From the entries provided below, copy each line that contains the word "antt".

DATASET RECORDS:
☆ ☆ ☆ ☆ ☆ ☆ ☆

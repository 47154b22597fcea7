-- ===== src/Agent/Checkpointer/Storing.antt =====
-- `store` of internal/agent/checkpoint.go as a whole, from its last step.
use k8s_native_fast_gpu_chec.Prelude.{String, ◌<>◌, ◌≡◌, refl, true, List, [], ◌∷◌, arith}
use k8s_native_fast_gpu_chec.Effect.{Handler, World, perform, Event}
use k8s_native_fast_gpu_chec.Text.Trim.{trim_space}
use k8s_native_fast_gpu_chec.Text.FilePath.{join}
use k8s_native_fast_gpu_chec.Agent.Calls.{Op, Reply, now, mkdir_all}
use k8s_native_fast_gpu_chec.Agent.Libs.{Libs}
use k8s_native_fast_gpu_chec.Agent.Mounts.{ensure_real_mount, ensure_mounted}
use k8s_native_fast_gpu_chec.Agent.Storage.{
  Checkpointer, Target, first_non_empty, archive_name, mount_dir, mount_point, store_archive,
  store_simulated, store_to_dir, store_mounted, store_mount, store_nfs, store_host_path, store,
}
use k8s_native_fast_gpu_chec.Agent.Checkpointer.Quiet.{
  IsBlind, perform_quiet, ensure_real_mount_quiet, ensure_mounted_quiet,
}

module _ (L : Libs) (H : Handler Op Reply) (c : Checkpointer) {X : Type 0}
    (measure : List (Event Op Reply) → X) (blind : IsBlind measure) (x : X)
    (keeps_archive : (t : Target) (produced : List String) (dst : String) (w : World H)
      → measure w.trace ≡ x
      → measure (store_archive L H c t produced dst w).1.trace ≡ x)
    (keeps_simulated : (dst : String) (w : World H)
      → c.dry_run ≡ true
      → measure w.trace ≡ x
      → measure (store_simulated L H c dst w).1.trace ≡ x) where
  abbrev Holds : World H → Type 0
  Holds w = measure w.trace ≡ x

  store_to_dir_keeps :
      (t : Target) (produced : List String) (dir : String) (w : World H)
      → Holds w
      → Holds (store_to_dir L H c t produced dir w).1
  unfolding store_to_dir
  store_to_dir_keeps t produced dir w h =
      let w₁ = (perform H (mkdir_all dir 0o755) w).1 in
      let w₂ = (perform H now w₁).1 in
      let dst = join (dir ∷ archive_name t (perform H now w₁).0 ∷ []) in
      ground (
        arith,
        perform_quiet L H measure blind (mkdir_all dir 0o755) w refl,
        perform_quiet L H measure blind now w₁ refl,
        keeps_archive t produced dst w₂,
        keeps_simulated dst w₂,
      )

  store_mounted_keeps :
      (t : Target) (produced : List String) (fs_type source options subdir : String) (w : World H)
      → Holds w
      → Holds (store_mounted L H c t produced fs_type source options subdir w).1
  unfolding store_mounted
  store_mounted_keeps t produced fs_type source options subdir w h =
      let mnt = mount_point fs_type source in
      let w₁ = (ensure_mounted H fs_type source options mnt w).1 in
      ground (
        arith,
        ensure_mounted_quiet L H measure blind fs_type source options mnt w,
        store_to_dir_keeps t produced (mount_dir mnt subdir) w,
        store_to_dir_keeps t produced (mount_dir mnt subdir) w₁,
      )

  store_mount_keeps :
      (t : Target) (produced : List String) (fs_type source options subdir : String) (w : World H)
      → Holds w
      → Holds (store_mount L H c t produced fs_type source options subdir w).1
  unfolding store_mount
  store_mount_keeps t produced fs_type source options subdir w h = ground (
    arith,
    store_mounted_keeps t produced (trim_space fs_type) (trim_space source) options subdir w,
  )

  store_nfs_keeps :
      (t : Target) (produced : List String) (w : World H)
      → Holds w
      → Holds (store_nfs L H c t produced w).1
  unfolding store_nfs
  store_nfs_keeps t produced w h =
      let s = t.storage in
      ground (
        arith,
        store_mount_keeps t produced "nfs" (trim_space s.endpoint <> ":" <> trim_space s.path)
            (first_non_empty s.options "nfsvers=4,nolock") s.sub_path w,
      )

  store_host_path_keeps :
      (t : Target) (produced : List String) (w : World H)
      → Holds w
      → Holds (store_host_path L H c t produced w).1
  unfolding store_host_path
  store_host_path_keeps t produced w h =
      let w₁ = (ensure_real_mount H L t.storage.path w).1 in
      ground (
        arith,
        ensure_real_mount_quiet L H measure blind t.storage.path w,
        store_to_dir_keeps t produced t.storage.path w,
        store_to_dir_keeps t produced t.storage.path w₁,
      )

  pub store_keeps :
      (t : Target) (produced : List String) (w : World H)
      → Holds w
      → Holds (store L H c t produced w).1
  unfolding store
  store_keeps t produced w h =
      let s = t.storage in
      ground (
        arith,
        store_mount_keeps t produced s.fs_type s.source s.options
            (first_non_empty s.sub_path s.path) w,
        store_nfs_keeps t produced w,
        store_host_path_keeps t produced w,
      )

☆ ☆ ☆ ☆ ☆ ☆ ☆

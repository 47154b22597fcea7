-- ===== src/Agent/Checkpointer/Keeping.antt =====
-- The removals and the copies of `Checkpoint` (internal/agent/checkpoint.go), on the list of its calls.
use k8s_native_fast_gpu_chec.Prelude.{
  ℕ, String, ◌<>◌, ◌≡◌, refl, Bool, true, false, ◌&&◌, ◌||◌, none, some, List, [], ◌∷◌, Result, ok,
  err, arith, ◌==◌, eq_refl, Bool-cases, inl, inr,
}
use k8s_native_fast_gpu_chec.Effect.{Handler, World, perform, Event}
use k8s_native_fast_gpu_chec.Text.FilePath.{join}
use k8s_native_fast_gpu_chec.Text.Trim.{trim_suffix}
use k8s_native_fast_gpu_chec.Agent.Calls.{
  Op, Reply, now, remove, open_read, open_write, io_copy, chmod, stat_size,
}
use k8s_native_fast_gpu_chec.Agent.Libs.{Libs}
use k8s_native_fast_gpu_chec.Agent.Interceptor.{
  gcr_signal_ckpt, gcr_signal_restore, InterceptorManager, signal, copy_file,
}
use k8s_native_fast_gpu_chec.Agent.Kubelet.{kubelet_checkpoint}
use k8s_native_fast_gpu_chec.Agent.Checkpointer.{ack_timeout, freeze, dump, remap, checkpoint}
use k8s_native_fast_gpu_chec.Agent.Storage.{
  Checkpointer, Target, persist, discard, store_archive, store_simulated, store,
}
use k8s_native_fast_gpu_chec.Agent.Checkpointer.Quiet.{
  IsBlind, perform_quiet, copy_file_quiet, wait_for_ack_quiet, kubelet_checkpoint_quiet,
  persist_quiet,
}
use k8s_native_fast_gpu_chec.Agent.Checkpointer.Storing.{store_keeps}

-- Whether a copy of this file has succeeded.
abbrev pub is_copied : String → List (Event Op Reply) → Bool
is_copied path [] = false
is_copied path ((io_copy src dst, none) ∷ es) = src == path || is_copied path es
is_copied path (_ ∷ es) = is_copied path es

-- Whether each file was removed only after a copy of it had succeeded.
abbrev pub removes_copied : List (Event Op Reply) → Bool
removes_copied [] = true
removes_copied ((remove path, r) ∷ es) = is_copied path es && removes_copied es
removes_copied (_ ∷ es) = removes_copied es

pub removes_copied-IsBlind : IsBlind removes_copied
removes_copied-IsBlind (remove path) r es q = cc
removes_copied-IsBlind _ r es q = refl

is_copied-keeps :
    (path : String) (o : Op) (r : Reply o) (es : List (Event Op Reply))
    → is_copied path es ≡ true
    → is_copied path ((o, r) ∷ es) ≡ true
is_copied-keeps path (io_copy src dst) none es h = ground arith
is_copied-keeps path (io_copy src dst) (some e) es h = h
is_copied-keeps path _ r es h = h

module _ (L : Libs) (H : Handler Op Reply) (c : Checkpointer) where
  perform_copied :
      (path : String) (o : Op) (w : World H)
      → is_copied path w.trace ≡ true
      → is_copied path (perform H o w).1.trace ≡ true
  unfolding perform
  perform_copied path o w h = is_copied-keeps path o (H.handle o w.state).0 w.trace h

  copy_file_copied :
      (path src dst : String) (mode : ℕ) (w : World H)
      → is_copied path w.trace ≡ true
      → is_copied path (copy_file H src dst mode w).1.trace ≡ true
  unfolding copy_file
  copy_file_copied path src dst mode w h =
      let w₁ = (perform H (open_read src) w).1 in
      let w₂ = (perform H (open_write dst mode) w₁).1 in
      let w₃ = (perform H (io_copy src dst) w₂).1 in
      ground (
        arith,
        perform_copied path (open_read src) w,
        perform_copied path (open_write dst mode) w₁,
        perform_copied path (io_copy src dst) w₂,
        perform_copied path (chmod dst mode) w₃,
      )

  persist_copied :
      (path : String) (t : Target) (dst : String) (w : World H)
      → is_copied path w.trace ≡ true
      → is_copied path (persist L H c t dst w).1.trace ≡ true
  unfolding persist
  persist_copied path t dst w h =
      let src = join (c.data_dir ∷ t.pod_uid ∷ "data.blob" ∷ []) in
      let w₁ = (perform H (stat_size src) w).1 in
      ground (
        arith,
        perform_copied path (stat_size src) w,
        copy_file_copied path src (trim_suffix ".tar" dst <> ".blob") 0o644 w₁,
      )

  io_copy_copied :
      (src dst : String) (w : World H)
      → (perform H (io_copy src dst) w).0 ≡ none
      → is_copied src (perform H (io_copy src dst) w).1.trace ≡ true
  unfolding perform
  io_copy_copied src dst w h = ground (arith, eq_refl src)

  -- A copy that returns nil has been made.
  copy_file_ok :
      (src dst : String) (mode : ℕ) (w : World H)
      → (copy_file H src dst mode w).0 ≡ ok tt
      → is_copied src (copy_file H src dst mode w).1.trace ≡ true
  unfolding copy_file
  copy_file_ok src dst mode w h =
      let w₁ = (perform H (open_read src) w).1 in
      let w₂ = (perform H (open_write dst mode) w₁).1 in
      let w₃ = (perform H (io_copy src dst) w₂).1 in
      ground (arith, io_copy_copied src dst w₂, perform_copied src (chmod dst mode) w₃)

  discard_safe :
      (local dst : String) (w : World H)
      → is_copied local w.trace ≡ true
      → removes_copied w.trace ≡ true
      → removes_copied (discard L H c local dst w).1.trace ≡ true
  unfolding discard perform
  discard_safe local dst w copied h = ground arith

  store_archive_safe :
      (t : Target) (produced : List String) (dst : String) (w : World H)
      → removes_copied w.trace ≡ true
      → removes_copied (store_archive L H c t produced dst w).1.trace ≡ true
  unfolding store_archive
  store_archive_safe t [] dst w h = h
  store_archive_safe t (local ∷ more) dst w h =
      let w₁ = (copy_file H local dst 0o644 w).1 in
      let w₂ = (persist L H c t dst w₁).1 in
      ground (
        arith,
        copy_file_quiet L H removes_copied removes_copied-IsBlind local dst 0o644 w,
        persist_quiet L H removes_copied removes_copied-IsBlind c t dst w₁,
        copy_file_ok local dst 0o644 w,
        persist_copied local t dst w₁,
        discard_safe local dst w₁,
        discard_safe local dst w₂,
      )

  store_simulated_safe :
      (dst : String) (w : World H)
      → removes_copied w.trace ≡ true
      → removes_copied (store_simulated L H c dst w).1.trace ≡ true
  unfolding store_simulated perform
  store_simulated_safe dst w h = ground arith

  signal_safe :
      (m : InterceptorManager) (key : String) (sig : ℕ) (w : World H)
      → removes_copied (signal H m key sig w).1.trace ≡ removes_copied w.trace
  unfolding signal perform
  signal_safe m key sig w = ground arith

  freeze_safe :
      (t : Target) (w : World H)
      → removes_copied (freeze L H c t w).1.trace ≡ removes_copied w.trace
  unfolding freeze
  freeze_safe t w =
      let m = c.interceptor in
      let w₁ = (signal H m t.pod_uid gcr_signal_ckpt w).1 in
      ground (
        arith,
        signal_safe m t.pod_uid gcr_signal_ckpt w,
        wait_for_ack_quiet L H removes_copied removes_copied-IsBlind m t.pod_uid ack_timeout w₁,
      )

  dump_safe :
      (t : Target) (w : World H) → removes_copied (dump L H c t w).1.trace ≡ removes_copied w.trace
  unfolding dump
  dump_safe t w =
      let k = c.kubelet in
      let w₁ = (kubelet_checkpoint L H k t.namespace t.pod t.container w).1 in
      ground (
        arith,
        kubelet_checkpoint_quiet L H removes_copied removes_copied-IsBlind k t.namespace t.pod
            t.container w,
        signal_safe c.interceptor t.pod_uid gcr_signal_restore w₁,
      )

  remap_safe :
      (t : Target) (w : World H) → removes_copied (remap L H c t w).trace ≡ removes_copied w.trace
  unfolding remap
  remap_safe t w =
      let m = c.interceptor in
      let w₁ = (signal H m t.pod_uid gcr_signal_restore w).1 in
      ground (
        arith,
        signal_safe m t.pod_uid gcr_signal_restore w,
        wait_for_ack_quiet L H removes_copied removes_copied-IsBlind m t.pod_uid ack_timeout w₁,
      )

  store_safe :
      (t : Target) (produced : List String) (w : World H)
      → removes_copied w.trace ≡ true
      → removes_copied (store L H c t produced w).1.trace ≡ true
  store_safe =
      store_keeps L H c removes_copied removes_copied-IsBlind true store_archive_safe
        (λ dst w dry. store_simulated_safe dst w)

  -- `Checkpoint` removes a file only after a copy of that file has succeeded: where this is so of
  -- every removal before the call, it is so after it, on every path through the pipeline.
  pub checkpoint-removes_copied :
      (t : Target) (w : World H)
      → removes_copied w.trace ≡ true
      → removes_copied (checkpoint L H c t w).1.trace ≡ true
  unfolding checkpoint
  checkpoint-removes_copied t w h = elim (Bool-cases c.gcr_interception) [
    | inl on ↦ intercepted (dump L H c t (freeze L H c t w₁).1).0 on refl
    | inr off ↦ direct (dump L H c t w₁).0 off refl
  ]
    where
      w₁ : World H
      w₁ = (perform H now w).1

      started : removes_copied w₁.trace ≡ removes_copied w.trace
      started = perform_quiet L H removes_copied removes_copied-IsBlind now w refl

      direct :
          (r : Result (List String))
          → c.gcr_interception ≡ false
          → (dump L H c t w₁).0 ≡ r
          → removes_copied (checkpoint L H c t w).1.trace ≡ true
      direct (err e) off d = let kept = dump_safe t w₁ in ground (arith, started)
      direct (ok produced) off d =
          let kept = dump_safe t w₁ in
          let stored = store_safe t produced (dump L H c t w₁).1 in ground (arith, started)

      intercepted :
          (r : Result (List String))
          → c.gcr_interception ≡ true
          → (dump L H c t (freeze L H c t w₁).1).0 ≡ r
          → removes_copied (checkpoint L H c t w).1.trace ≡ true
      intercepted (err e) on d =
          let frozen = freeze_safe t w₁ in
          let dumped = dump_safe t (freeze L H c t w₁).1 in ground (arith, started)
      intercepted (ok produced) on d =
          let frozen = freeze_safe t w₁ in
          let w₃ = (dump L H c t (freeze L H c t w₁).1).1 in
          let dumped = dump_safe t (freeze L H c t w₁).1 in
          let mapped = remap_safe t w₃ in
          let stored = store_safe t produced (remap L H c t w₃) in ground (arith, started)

☆ ☆ ☆ ☆ ☆ ☆ ☆

RESPONSE:
-- ===== src/Agent/Checkpointer/Storing.antt =====
-- ===== src/Agent/Checkpointer/Keeping.antt =====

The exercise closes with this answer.